Stored items
***
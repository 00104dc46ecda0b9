-- ===== src/Generation.antt =====
-- apps/api/src/apbra_api/generation.py: `GenerationService`, with its tables and queries of
-- persistence.py.
pub mod Rows
pub mod Query
pub mod Eligible
pub mod Earlier
pub mod Start
pub mod Finish
pub mod Access
pub mod Written
pub mod FinishWritten
pub mod Active
pub mod Ends
pub mod Ending
mod Tests
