-- ===== src/Generation/Rows.antt =====
-- The rows of report generation. Where a column holds JSON text, the row holds the value that the
-- program encodes, as far as the service reads it.
use apbra.Prelude.{ℕ, Bool, Option, List, String}
use apbra.Domain.{Role}
use apbra.Store.Rows.{Store}

pub record ConfirmedContractRow : Type 0 where
  pub id : ℕ
  pub case_id : ℕ
  pub company_id : ℕ
  pub interpretation_id : ℕ
  pub settings_version_id : Option ℕ
  pub contract_json : String

pub data DesignOrigin : Type 0 where
  expert_reviewed auto_eligible : DesignOrigin

pub record ReviewedReportDesignRow : Type 0 where
  pub id : ℕ
  pub company_id : ℕ
  pub case_id : ℕ
  pub confirmed_contract_id : ℕ
  pub interpretation_id : ℕ
  pub request_version_id : ℕ
  pub semantic_context_version : ℕ
  pub binding_json : String
  pub binding_digest : String
  pub semantic_input_digest : String
  pub evidence_binding_digest : String
  pub design_json : String
  pub content_digest : String
  pub reviewer_membership_id : Option ℕ
  pub reviewer_identity_id : Option ℕ
  pub reviewer_role : Option Role
  pub origin : DesignOrigin
  pub design_attempt_id : Option ℕ
  pub eligibility_validation_json : Option String

pub data AttemptStatus : Type 0 where
  pending running succeeded failed cancelled : AttemptStatus

pub record GenerationAttemptRow : Type 0 where
  pub id : ℕ
  pub case_id : ℕ
  pub company_id : ℕ
  pub confirmed_contract_id : ℕ
  pub reviewed_design_id : Option ℕ
  pub interpretation_id : ℕ
  pub request_version_id : ℕ
  pub settings_version_id : Option ℕ
  pub created_by_membership_id : ℕ
  pub command_key : String
  pub command_payload_digest : String
  pub input_digest : String
  pub evidence_binding_digest : String
  pub status : AttemptStatus
  pub attempt_number : ℕ
  pub retry_of_attempt_id : Option ℕ
  pub supersedes_attempt_id : Option ℕ
  pub fence_token : ℕ
  -- `pipelineExecutableDigest` of the provenance, where it is a text
  pub pipeline_executable_digest : Option String
  pub is_validated : Bool
  pub failure_code : Option String
  pub artifact_id : Option ℕ
  pub started_at : Option ℕ
  pub completed_at : Option ℕ
  pub cancelled_at : Option ℕ

pub record GeneratedArtifactRow : Type 0 where
  pub id : ℕ
  pub attempt_id : ℕ
  pub case_id : ℕ
  pub company_id : ℕ
  pub settings_version_id : Option ℕ
  pub storage_key : String
  pub filename : String
  pub content_digest : String
  pub guide_digest : Option String
  pub byte_size : ℕ

pub record GenerationStore : Type 0 where
  pub base : Store
  pub confirmed_contracts : List ConfirmedContractRow
  pub reviewed_designs : List ReviewedReportDesignRow
  pub generation_attempts : List GenerationAttemptRow
  pub generated_artifacts : List GeneratedArtifactRow
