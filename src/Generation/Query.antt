-- ===== src/Generation/Query.antt =====
-- The queries and writes of `ApplicationSession` for generation attempts and their artifacts.
use Prim.Native.String.{count}
use apbra.Prelude.{
  ℕ, Bool, true, false, not, ◌&&◌, ◌||◌, Option, none, some, List, [], ◌∷◌, ◌++◌, String, str_eq,
  ◌==◌, ltb, ok, ◌>>◌, require, any, filter, find, modify_first, if◌then◌else◌,
}
use apbra.Domain.{Actor, integrity_error}
use apbra.Store.Rows.{Outcome}
use apbra.Generation.Rows.{
  ConfirmedContractRow, ReviewedReportDesignRow, AttemptStatus, pending, running,
  GenerationAttemptRow, GeneratedArtifactRow, GenerationStore,
}

unfoldable pub confirmed_contract_for_case : GenerationStore → ℕ → ℕ → Option ConfirmedContractRow
confirmed_contract_for_case g case_id contract_id =
    find (λ row. row.case_id == case_id && row.id == contract_id) g.confirmed_contracts

unfoldable pub reviewed_design : GenerationStore → ℕ → ℕ → Option ReviewedReportDesignRow
reviewed_design g case_id design_id =
    find (λ row. row.case_id == case_id && row.id == design_id) g.reviewed_designs

abbrev pub is_generation_command : Actor → ℕ → String → GenerationAttemptRow → Bool
is_generation_command actor case_id key row =
    row.case_id == case_id
    && row.company_id == actor.company_id
    && row.created_by_membership_id == actor.membership_id
    && str_eq row.command_key key

unfoldable pub generation_attempt_by_command :
    GenerationStore → Actor → ℕ → String → Option GenerationAttemptRow
generation_attempt_by_command g actor case_id key =
    find (is_generation_command actor case_id key) g.generation_attempts

-- `status in {"PENDING", "RUNNING"}`
abbrev pub is_active : AttemptStatus → Bool
is_active pending = true
is_active running = true
is_active _ = false

abbrev pub is_running : AttemptStatus → Bool
is_running running = true
is_running _ = false

-- The row with the highest number, among those that pass.
abbrev pub highest_attempt :
    (GenerationAttemptRow → Bool) → List GenerationAttemptRow → Option GenerationAttemptRow
highest_attempt test [] = none
highest_attempt test (row ∷ rows) =
    let rest = highest_attempt test rows in
    if test row
    then elim rest [
      | none ↦ some row
      | some other ↦ if ltb row.attempt_number other.attempt_number then some other else some row
    ]
    else rest

unfoldable pub equivalent_generation_attempt :
    GenerationStore → ℕ → String → Option GenerationAttemptRow
equivalent_generation_attempt g case_id input_digest =
    highest_attempt (λ row. row.case_id == case_id && str_eq row.input_digest input_digest)
      g.generation_attempts

abbrev pub is_active_of : ℕ → GenerationAttemptRow → Bool
is_active_of case_id row = row.case_id == case_id && is_active row.status

unfoldable pub active_generation_attempt : GenerationStore → ℕ → Option GenerationAttemptRow
active_generation_attempt g case_id = highest_attempt (is_active_of case_id) g.generation_attempts

abbrev pub is_attempt_of : ℕ → GenerationAttemptRow → Bool
is_attempt_of case_id row = row.case_id == case_id

abbrev pub is_attempt : ℕ → ℕ → GenerationAttemptRow → Bool
is_attempt case_id attempt_id row = row.case_id == case_id && row.id == attempt_id

unfoldable pub generation_attempt : GenerationStore → ℕ → ℕ → Option GenerationAttemptRow
generation_attempt g case_id attempt_id = find (is_attempt case_id attempt_id) g.generation_attempts

-- A row before the first of those with a lower number.
abbrev pub insert_descending :
    GenerationAttemptRow → List GenerationAttemptRow → List GenerationAttemptRow
insert_descending row [] = row ∷ []
insert_descending row (other ∷ rows) =
    let rest = insert_descending row rows in
    if ltb row.attempt_number other.attempt_number then other ∷ rest else row ∷ other ∷ rows

abbrev pub descending : List GenerationAttemptRow → List GenerationAttemptRow
descending [] = []
descending (row ∷ rows) = insert_descending row (descending rows)

unfoldable pub generation_attempts : GenerationStore → ℕ → List GenerationAttemptRow
generation_attempts g case_id = descending (filter (is_attempt_of case_id) g.generation_attempts)

-- `coalesce(max(attempt_number), 0)` over the attempts of a case
abbrev pub max_attempt : ℕ → List GenerationAttemptRow → ℕ
max_attempt case_id [] = 0
max_attempt case_id (row ∷ rows) =
    let rest = max_attempt case_id rows in
    if row.case_id == case_id && ltb rest row.attempt_number then row.attempt_number else rest

-- The unique constraints of generation_attempts, with the length of `command_key`.
unfoldable pub is_attempt_allowed : GenerationStore → GenerationAttemptRow → Bool
is_attempt_allowed g row =
    not (any (λ old. old.id == row.id) g.generation_attempts)
    && not (
        any
          (λ old.
            old.company_id == row.company_id
            && old.created_by_membership_id == row.created_by_membership_id
            && old.case_id == row.case_id
            && str_eq old.command_key row.command_key)
          g.generation_attempts)
    && not (
        any (λ old. old.case_id == row.case_id && old.attempt_number == row.attempt_number)
          g.generation_attempts)
    && not (ltb 200 (count row.command_key))

unfoldable pub generated_artifact : GenerationStore → ℕ → Option GeneratedArtifactRow
generated_artifact g artifact_id = find (λ row. row.id == artifact_id) g.generated_artifacts

-- The constraints of generated_artifacts.
unfoldable pub is_artifact_allowed : GenerationStore → GeneratedArtifactRow → Bool
is_artifact_allowed g row =
    not (
      any
        (λ old.
          old.id == row.id
          || old.attempt_id == row.attempt_id
          || str_eq old.storage_key row.storage_key)
        g.generated_artifacts)
    && ltb 0 row.byte_size

abbrev pub new_artifact :
    ℕ → GenerationAttemptRow → String → String → String → ℕ → Option String → GeneratedArtifactRow
new_artifact id attempt storage_key filename content_digest byte_size guide_digest = record {
  id = id;
  attempt_id = attempt.id;
  case_id = attempt.case_id;
  company_id = attempt.company_id;
  settings_version_id = attempt.settings_version_id;
  storage_key = storage_key;
  filename = filename;
  content_digest = content_digest;
  guide_digest = guide_digest;
  byte_size = byte_size;
}

-- The artifact of an attempt; the caller writes the attempt with its `artifact_id`.
unfoldable pub add_generated_artifact :
    GenerationStore → GeneratedArtifactRow → Outcome GenerationStore
add_generated_artifact g row = do
  require (is_artifact_allowed g row) integrity_error
  ok (record g { generated_artifacts = g.generated_artifacts ++ row ∷ [] })

-- The attempt that a query returned, changed in place.
abbrev pub write_attempt : GenerationStore → GenerationAttemptRow → GenerationStore
write_attempt g row = record g {
  generation_attempts =
      modify_first (is_attempt row.case_id row.id) (λ old. row) g.generation_attempts;
}
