-- ===== src/Generation/Eligible.antt =====
-- `_current_payload` and `_eligible_design`: what an attempt is built from.
use apbra.Prelude.{
  ℕ, Bool, true, false, ◌&&◌, ◌||◌, Option, none, some, String, str_eq, ◌==◌, is_some, ok, err,
  ◌>>=◌, ◌>>◌, require, some_or,
}
use apbra.Domain.{
  Role, expert, Actor, generation_unavailable, stale_version, reviewed_design_required,
}
use apbra.Store.ConversationRows.{InterpretationRow}
use apbra.Store.Rows.{CaseRow, Outcome}
use apbra.Store.Query.{role_eq, active_actor, locked_case}
use apbra.Store.Conversations.{latest_interpretation}
use apbra.Cases.Authorization.{authorized_case_access}
use apbra.Generation.Rows.{
  ConfirmedContractRow, ReviewedReportDesignRow, expert_reviewed, auto_eligible, GenerationStore,
}
use apbra.Generation.Query.{confirmed_contract_for_case, reviewed_design}

pub data Mode : Type 0 where
  build retry regenerate other_mode : Mode

-- The digests of the tables, references and settings that a payload holds.
pub record Contents : Type 0 where
  pub semantic_input_digest : String
  pub evidence_digest : String
  pub binding_digest : String

-- The ids of the binding, with the digests.
pub record GenerationPayload : Type 0 where
  pub contents : Contents
  pub interpretation_id : ℕ
  pub request_version_id : ℕ
  pub semantic_context_version : ℕ

-- What the service reads outside the database, and the digests that it computes.
pub record Pipeline : Type 0 where
  -- the digest of the executable, where a bridge is configured
  pub bridge : Option String
  pub tenant_settings : Option ℕ
  -- whether a former version of the settings is the current one in what matters
  pub is_same_material : GenerationStore → ℕ → ℕ → Outcome Bool
  pub contents :
      GenerationStore → CaseRow → ConfirmedContractRow → InterpretationRow → Outcome Contents
  pub sha256 : String → String
  -- an object whose status is PASS
  pub has_passed : String → Bool
  -- the version of a design, where it is an object with an integer version
  pub schema_version : String → Option ℕ
  -- refuses what cannot be represented, and tells whether the geometry is there
  pub geometry : String → Outcome Bool
  pub designed : Contents → ReviewedReportDesignRow → String
  pub input_digest : String → ℕ → String → String
  pub command_digest : String → Mode → Option ℕ → String

-- Passes where no settings are bound.
unfoldable pub same_settings :
    Pipeline → GenerationStore → Actor → ConfirmedContractRow → Outcome (Unit {0})
same_settings v g actor contract = elim v.tenant_settings [
  | none ↦ ok tt
  | some current ↦ elim contract.settings_version_id [
    | none ↦ ok tt
    | some version ↦ do
      same ← v.is_same_material g actor.company_id version
      require same stale_version
  ]
]

unfoldable pub current_payload :
    Pipeline
    → GenerationStore
    → Actor
    → ℕ
    → ℕ
    → Bool
    → Outcome (GenerationPayload × CaseRow × ConfirmedContractRow)
current_payload v g actor case_id contract_id require_edit = do
  (seen, access) ← authorized_case_access g.base actor case_id require_edit
  row ← some_or (locked_case g.base case_id) generation_unavailable
  contract ← some_or (confirmed_contract_for_case g case_id contract_id) generation_unavailable
  latest ← some_or (latest_interpretation g.base case_id) generation_unavailable
  require
      (latest.id == contract.interpretation_id
        && latest.context_version == row.semantic_context_version
        && latest.request_version_id == row.current_request_version_id)
      stale_version
  same_settings v g actor contract
  contents ← v.contents g row contract latest
  ok (
    record {
      contents = contents;
      interpretation_id = latest.id;
      request_version_id = row.current_request_version_id;
      semantic_context_version = row.semantic_context_version;
    },
    row,
    contract,
  )

abbrev pub is_bound : Pipeline → ReviewedReportDesignRow → Actor → ℕ → ℕ → GenerationPayload → Bool
is_bound v row actor case_id contract_id payload =
    row.company_id == actor.company_id
    && row.case_id == case_id
    && row.confirmed_contract_id == contract_id
    && row.interpretation_id == payload.interpretation_id
    && row.request_version_id == payload.request_version_id
    && row.semantic_context_version == payload.semantic_context_version
    && str_eq row.evidence_binding_digest payload.contents.evidence_digest
    && str_eq row.semantic_input_digest payload.contents.semantic_input_digest
    && str_eq row.binding_digest payload.contents.binding_digest
    && str_eq row.binding_digest (v.sha256 row.binding_json)

abbrev pub is_expert : Option Role → Bool
is_expert none = false
is_expert (some role) = role_eq role expert

-- `except ProtectedResourceNotFound`, which is all that the authorization raises
abbrev pub or_required {ℓ} : {A : Type ℓ} → Outcome A → Outcome (Unit {0})
or_required (ok a) = ok tt
or_required (err e) = err reviewed_design_required

unfoldable pub reviewed_by :
    GenerationStore → Actor → ℕ → ReviewedReportDesignRow → Outcome (Unit {0})
reviewed_by g actor case_id row = do
  membership ← some_or row.reviewer_membership_id reviewed_design_required
  identity ← some_or row.reviewer_identity_id reviewed_design_required
  require (is_expert row.reviewer_role) reviewed_design_required
  reviewer ← some_or (active_actor g.base membership identity) reviewed_design_required
  require (reviewer.company_id == actor.company_id && role_eq reviewer.role expert)
      reviewed_design_required
  or_required (authorized_case_access g.base reviewer case_id true)

abbrev pub is_eligible_automatically : Pipeline → ReviewedReportDesignRow → Bool
is_eligible_automatically v row =
    is_some row.design_attempt_id
    && (elim row.eligibility_validation_json [ none ↦ false | some json ↦ v.has_passed json ])

unfoldable pub is_origin_eligible :
    Pipeline → GenerationStore → Actor → ℕ → ReviewedReportDesignRow → Outcome (Unit {0})
is_origin_eligible v g actor case_id row = elim row.origin [
  | expert_reviewed ↦ reviewed_by g actor case_id row
  | auto_eligible ↦ require (is_eligible_automatically v row) reviewed_design_required
]

-- The row with the version of its design.
unfoldable pub eligible_design :
    Pipeline
    → GenerationStore
    → Actor
    → ℕ
    → ℕ
    → ℕ
    → GenerationPayload
    → Outcome (ReviewedReportDesignRow × ℕ)
eligible_design v g actor case_id contract_id design_id payload = do
  row ← some_or (reviewed_design g case_id design_id) reviewed_design_required
  require (is_bound v row actor case_id contract_id payload) reviewed_design_required
  is_origin_eligible v g actor case_id row
  version ← some_or (v.schema_version row.design_json) reviewed_design_required
  require (version == 1 || version == 2) reviewed_design_required
  require (str_eq row.content_digest (v.sha256 row.design_json)) reviewed_design_required
  ok (row, version)
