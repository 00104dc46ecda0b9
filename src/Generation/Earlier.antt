-- ===== src/Generation/Earlier.antt =====
-- What `start` finds of earlier attempts.
use apbra.Prelude.{
  ℕ, Bool, true, false, ◌&&◌, Option, none, some, List, [], ◌∷◌, String, str_eq, ◌==◌, ok, err,
  ◌>>=◌, ◌>>◌, require, some_or, find, if◌then◌else◌,
}
use apbra.Domain.{conflict, idempotency_conflict}
use apbra.Store.Rows.{CaseRow, Outcome}
use apbra.Generation.Rows.{
  ConfirmedContractRow, ReviewedReportDesignRow, AttemptStatus, failed, cancelled,
  GenerationAttemptRow, GenerationStore,
}
use apbra.Generation.Query.{generation_attempt, generation_attempts}
use apbra.Generation.Eligible.{Mode, build, retry, regenerate, other_mode, Pipeline}

-- What a call asks for, with what it has read and computed.
pub record StartCommand : Type 0 where
  pub case_id : ℕ
  pub command_key : String
  pub mode : Mode
  pub source_attempt_id : Option ℕ
  pub reviewed : ReviewedReportDesignRow
  pub schema_version : ℕ
  pub row : CaseRow
  pub contract : ConfirmedContractRow
  pub evidence_digest : String
  pub semantic_input_digest : String
  pub pipeline_digest : String
  pub input_digest : String
  pub command_payload_digest : String

pub record AttemptIds : Type 0 where
  pub attempt_id : ℕ
  pub fence_token : ℕ

-- The digest of the input under the executable that an attempt was built with.
abbrev pub historical_input : Pipeline → StartCommand → String → String
historical_input v c pipeline = v.input_digest c.semantic_input_digest c.reviewed.id pipeline

abbrev pub expected_digest : Pipeline → StartCommand → GenerationAttemptRow → Outcome String
expected_digest v c existing =
    if c.schema_version == 1
    then (do
      pipeline ← some_or existing.pipeline_executable_digest idempotency_conflict
      ok (v.command_digest (historical_input v c pipeline) c.mode c.source_attempt_id))
    else ok c.command_payload_digest

-- The branch of a command that is known.
unfoldable pub begun_before :
    Pipeline
    → GenerationStore
    → StartCommand
    → GenerationAttemptRow
    → Outcome (GenerationAttemptRow × Bool × GenerationStore)
begun_before v g c existing = do
  digest ← expected_digest v c existing
  require (str_eq existing.command_payload_digest digest) idempotency_conflict
  ok (existing, false, g)

abbrev pub is_build : Mode → Bool
is_build build = true
is_build _ = false

abbrev pub is_former_input : Pipeline → StartCommand → GenerationAttemptRow → Bool
is_former_input v c saved = elim saved.pipeline_executable_digest [
  | none ↦ false
  | some pipeline ↦ str_eq saved.input_digest (historical_input v c pipeline)
]

-- The attempt that answers a build of a design of the first schema.
abbrev pub historical : Pipeline → GenerationStore → StartCommand → Option GenerationAttemptRow
historical v g c =
    if is_build c.mode then find (is_former_input v c) (generation_attempts g c.case_id) else none

abbrev pub may_retry : AttemptStatus → Bool
may_retry failed = true
may_retry cancelled = true
may_retry _ = false

abbrev pub named_attempt : GenerationStore → ℕ → Option ℕ → Option GenerationAttemptRow
named_attempt g case_id none = none
named_attempt g case_id (some id) = generation_attempt g case_id id

abbrev pub first {ℓ} : {A : Type ℓ} → List A → Option A
first [] = none
first (x ∷ xs) = some x

abbrev pub id_of : Option GenerationAttemptRow → Option ℕ
id_of none = none
id_of (some row) = some row.id

-- `retry_of` and `supersedes`
unfoldable pub sources : GenerationStore → StartCommand → Outcome (Option ℕ × Option ℕ)
sources g c = elim c.mode [
  | build ↦ ok (none, none)
  | retry ↦ do
    source ← some_or (named_attempt g c.case_id c.source_attempt_id) conflict
    require (str_eq source.input_digest c.input_digest && may_retry source.status) conflict
    ok (some source.id, none)
  | regenerate ↦ elim c.source_attempt_id [
    | none ↦ ok (none, id_of (first (generation_attempts g c.case_id)))
    | some id ↦ do
      source ← some_or (generation_attempt g c.case_id id) conflict
      ok (none, some source.id)
  ]
  | other_mode ↦ err conflict
]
***
- **Exercise directions**
Write out only the lines from the very start of the entries above to the line that includes "expert_reviewed auto_eligible : DesignOrigin", both ends included, each one unchanged.

- **Exercise output**
repository 00104dc46ecda0b9
-- ===== src/Generation.antt =====
-- apps/api/src/apbra_api/generation.py: `GenerationService`, with its tables and queries of
-- persistence.py.
pub mod Rows
pub mod Query
pub mod Eligible
pub mod Earlier
pub mod Start
pub mod Finish
pub mod Access
pub mod Written
pub mod FinishWritten
pub mod Active
pub mod Ends
pub mod Ending
mod Tests
-- ===== src/Generation/Rows.antt =====
-- The rows of report generation. Where a column holds JSON text, the row holds the value that the
-- program encodes, as far as the service reads it.
use apbra.Prelude.{ℕ, Bool, Option, List, String}
use apbra.Domain.{Role}
use apbra.Store.Rows.{Store}

pub record ConfirmedContractRow : Type 0 where
  pub id : ℕ
  pub case_id : ℕ
  pub company_id : ℕ
  pub interpretation_id : ℕ
  pub settings_version_id : Option ℕ
  pub contract_json : String

pub data DesignOrigin : Type 0 where
  expert_reviewed auto_eligible : DesignOrigin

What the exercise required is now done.